=== Section Start ===
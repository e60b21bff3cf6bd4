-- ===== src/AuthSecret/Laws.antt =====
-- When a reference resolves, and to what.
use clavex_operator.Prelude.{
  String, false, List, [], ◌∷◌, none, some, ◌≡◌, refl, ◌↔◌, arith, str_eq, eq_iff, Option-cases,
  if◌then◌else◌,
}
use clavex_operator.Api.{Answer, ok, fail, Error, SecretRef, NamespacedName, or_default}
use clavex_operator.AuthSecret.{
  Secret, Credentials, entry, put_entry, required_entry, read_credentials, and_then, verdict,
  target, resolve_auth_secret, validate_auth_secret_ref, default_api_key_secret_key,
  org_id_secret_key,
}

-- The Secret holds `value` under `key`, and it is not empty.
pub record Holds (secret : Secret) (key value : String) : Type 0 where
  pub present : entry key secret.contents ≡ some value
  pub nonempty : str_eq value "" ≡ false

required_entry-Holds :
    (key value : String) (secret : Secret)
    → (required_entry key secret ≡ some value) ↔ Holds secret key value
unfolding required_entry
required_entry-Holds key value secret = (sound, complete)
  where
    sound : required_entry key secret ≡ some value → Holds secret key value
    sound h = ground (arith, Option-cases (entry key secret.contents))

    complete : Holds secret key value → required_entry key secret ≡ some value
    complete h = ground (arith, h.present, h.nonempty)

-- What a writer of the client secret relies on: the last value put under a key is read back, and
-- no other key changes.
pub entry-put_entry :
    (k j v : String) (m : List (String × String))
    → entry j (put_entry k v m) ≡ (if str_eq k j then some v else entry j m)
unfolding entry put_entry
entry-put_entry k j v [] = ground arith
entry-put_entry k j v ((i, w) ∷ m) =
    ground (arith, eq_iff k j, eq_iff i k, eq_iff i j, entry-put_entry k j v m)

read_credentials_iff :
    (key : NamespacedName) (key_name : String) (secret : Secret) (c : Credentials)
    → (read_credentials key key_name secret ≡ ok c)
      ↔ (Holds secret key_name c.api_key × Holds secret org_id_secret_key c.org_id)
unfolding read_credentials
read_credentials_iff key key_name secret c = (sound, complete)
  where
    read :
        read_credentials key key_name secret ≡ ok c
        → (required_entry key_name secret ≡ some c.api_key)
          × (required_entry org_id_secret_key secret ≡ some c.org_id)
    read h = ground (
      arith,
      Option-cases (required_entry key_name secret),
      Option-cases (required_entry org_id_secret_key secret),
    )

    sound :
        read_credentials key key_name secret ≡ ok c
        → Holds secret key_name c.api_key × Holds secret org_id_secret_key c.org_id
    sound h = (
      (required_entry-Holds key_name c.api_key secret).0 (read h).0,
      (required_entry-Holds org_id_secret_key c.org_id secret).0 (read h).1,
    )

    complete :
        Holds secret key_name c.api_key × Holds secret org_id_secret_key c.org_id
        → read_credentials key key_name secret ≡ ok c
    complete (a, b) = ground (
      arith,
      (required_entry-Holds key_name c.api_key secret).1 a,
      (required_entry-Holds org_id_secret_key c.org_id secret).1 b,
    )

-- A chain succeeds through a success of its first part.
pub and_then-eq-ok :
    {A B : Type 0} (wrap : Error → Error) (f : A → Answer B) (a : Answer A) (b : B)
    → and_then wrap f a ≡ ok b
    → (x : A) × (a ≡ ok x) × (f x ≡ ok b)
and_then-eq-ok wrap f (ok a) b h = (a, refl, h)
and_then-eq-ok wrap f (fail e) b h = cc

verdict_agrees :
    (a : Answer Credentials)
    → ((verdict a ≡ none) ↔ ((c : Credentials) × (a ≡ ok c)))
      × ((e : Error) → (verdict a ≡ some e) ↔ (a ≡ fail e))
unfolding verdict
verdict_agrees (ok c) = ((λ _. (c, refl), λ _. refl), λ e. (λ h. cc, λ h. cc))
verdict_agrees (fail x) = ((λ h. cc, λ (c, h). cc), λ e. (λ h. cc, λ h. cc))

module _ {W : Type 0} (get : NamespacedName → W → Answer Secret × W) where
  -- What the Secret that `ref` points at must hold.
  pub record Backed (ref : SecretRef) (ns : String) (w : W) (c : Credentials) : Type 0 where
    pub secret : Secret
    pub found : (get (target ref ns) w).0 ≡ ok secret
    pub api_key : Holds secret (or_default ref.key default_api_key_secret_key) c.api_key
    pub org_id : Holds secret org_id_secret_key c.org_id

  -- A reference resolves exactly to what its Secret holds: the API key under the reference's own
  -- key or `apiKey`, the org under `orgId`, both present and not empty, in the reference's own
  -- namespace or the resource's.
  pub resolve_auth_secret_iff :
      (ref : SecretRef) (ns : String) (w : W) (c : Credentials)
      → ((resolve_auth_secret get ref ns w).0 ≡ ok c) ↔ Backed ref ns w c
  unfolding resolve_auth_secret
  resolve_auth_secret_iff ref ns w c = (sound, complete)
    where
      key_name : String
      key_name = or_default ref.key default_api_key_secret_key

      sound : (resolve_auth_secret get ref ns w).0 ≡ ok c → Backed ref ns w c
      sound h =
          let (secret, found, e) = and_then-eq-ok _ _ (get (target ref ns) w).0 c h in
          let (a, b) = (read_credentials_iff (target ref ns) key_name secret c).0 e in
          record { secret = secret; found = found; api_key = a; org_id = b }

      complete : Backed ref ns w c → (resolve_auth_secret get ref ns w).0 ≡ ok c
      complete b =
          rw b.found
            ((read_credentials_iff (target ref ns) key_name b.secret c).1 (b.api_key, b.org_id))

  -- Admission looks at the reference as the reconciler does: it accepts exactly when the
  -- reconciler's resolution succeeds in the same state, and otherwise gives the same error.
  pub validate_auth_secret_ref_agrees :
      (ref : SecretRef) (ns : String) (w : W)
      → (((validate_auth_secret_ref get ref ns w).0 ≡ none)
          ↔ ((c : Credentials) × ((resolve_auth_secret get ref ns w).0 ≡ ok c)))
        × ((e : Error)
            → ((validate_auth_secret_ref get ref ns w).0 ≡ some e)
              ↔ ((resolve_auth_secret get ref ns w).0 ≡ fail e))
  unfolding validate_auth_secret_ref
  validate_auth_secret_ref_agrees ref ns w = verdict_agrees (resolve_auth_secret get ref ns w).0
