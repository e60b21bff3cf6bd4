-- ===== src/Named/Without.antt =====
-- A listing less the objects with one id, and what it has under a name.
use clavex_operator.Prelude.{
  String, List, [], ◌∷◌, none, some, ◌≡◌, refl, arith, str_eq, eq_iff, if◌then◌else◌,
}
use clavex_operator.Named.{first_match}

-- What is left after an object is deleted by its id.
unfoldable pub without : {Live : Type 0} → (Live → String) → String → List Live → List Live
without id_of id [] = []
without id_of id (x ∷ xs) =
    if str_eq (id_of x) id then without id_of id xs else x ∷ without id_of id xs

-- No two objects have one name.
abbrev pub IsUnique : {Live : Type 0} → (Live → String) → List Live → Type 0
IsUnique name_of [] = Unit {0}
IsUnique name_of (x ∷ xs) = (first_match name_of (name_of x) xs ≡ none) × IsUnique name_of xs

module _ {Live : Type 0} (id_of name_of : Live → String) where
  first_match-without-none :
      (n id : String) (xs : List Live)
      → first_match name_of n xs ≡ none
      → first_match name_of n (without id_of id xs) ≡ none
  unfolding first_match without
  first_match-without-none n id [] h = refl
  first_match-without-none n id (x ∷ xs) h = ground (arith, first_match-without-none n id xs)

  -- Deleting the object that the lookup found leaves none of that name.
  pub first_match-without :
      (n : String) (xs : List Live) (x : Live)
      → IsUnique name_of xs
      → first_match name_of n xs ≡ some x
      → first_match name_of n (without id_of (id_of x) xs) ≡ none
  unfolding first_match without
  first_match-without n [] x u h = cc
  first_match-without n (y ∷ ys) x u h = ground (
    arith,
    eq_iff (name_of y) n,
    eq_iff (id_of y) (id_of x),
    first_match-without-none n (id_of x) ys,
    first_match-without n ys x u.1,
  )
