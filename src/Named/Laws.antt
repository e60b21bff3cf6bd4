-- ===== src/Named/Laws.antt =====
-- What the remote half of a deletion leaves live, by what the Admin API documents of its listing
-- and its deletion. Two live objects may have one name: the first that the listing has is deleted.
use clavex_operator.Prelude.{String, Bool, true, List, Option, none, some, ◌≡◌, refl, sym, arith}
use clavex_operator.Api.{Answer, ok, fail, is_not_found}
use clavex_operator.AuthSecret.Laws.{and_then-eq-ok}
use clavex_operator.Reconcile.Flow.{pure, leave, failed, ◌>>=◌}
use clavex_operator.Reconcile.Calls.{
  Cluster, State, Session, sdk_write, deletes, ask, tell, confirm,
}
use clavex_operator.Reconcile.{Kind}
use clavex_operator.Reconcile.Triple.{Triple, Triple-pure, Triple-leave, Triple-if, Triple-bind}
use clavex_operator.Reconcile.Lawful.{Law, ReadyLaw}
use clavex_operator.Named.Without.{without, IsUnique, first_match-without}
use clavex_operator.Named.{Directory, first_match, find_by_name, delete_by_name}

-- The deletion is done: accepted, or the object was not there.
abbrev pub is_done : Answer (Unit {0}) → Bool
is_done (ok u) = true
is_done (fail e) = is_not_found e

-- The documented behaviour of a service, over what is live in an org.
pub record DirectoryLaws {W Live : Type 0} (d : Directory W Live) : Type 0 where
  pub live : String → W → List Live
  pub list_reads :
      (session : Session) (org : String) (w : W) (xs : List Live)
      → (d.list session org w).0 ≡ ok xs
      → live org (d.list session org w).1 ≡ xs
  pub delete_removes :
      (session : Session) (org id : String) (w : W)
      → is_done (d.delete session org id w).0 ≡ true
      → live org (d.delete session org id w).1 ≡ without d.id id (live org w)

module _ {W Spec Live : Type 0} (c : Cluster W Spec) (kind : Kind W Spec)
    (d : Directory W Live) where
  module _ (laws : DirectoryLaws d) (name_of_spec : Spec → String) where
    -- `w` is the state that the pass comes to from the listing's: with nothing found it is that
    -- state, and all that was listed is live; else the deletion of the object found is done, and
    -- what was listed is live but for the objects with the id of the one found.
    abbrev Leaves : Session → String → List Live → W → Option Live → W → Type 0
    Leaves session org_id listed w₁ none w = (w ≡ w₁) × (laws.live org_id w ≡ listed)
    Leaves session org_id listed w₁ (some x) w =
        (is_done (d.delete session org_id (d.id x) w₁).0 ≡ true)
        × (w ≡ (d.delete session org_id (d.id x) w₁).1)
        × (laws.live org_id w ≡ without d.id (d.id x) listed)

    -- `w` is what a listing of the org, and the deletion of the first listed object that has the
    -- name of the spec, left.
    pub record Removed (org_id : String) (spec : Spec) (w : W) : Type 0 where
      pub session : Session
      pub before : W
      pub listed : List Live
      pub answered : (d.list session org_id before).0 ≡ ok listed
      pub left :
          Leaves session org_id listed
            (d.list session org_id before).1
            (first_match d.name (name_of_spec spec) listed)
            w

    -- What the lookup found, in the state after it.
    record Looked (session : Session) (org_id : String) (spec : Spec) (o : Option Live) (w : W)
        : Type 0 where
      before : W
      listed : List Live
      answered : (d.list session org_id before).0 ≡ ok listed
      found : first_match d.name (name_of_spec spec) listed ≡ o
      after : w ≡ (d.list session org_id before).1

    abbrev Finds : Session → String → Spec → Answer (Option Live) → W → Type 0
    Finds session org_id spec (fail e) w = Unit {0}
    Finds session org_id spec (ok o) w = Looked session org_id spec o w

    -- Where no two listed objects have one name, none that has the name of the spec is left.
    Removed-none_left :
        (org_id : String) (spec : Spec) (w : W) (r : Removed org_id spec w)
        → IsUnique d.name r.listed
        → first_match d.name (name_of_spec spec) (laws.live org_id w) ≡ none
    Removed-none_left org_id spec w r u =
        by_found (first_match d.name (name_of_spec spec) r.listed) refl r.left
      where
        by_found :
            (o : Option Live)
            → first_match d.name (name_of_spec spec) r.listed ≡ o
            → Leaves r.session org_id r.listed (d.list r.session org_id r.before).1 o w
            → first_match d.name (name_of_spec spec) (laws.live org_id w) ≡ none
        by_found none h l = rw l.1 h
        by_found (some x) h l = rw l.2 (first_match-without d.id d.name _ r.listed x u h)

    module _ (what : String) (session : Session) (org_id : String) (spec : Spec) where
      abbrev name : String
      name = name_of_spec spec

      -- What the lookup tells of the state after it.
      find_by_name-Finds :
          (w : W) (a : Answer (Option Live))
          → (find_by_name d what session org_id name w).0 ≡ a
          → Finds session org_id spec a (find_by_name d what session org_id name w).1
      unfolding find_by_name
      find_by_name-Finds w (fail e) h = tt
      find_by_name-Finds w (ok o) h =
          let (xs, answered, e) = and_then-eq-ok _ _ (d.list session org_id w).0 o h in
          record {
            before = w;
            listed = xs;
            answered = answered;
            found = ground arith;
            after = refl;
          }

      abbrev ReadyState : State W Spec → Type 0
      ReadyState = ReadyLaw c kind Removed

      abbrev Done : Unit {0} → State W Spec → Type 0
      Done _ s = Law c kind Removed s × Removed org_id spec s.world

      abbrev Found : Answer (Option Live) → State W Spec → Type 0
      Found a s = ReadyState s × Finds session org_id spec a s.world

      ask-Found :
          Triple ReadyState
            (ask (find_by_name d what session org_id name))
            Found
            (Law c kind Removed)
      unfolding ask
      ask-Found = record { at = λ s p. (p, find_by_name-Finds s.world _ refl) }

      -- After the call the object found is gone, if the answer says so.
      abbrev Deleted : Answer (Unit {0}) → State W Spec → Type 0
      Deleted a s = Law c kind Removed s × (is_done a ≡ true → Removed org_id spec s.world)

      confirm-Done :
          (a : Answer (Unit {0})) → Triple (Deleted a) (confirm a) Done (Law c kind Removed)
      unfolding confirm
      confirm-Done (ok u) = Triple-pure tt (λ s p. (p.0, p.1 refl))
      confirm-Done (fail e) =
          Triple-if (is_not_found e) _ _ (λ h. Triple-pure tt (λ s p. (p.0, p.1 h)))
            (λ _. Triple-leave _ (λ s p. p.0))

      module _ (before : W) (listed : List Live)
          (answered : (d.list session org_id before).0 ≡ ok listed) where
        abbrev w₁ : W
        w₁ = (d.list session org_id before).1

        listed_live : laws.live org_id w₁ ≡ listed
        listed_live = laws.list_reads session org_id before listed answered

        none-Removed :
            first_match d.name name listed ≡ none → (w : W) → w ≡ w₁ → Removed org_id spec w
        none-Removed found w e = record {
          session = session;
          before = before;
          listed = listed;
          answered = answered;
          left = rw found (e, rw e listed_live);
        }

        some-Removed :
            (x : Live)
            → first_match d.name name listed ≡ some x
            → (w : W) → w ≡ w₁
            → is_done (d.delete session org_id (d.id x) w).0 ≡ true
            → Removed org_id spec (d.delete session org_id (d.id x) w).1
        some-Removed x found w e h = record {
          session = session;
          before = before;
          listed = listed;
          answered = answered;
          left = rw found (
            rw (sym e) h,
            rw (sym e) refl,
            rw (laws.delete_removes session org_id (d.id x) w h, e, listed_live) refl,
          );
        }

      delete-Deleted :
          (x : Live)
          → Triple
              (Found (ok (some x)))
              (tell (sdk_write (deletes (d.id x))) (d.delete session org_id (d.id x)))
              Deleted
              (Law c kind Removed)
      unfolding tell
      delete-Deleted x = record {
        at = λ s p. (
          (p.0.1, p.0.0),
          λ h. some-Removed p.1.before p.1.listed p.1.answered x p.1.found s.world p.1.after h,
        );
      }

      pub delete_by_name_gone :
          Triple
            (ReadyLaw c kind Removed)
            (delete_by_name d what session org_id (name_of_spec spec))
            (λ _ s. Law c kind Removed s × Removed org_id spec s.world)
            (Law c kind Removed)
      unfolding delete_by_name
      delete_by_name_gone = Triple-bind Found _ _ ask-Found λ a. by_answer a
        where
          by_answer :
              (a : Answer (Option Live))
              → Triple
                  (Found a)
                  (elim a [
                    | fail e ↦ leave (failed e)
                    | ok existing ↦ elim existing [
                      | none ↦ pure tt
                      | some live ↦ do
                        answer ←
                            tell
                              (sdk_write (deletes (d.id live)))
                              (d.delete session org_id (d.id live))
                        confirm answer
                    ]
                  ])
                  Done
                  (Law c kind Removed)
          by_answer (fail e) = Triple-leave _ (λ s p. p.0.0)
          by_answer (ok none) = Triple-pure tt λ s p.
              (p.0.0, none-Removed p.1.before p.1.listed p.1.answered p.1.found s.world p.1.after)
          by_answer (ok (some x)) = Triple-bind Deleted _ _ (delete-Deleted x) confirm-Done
=== Section End ===
-- INSTRUCTIONS FOR THE TASK --
Report back every line of the entries in which "module" occurs.

-- ANSWER BOX --
module _ {W : Type 0} (get : NamespacedName → W → Answer Secret × W) where
module _ {Live : Type 0} (id_of name_of : Live → String) where
module _ {W Spec Live : Type 0} (c : Cluster W Spec) (kind : Kind W Spec)
  module _ (laws : DirectoryLaws d) (name_of_spec : Spec → String) where
    module _ (what : String) (session : Session) (org_id : String) (spec : Spec) where
      module _ (before : W) (listed : List Live)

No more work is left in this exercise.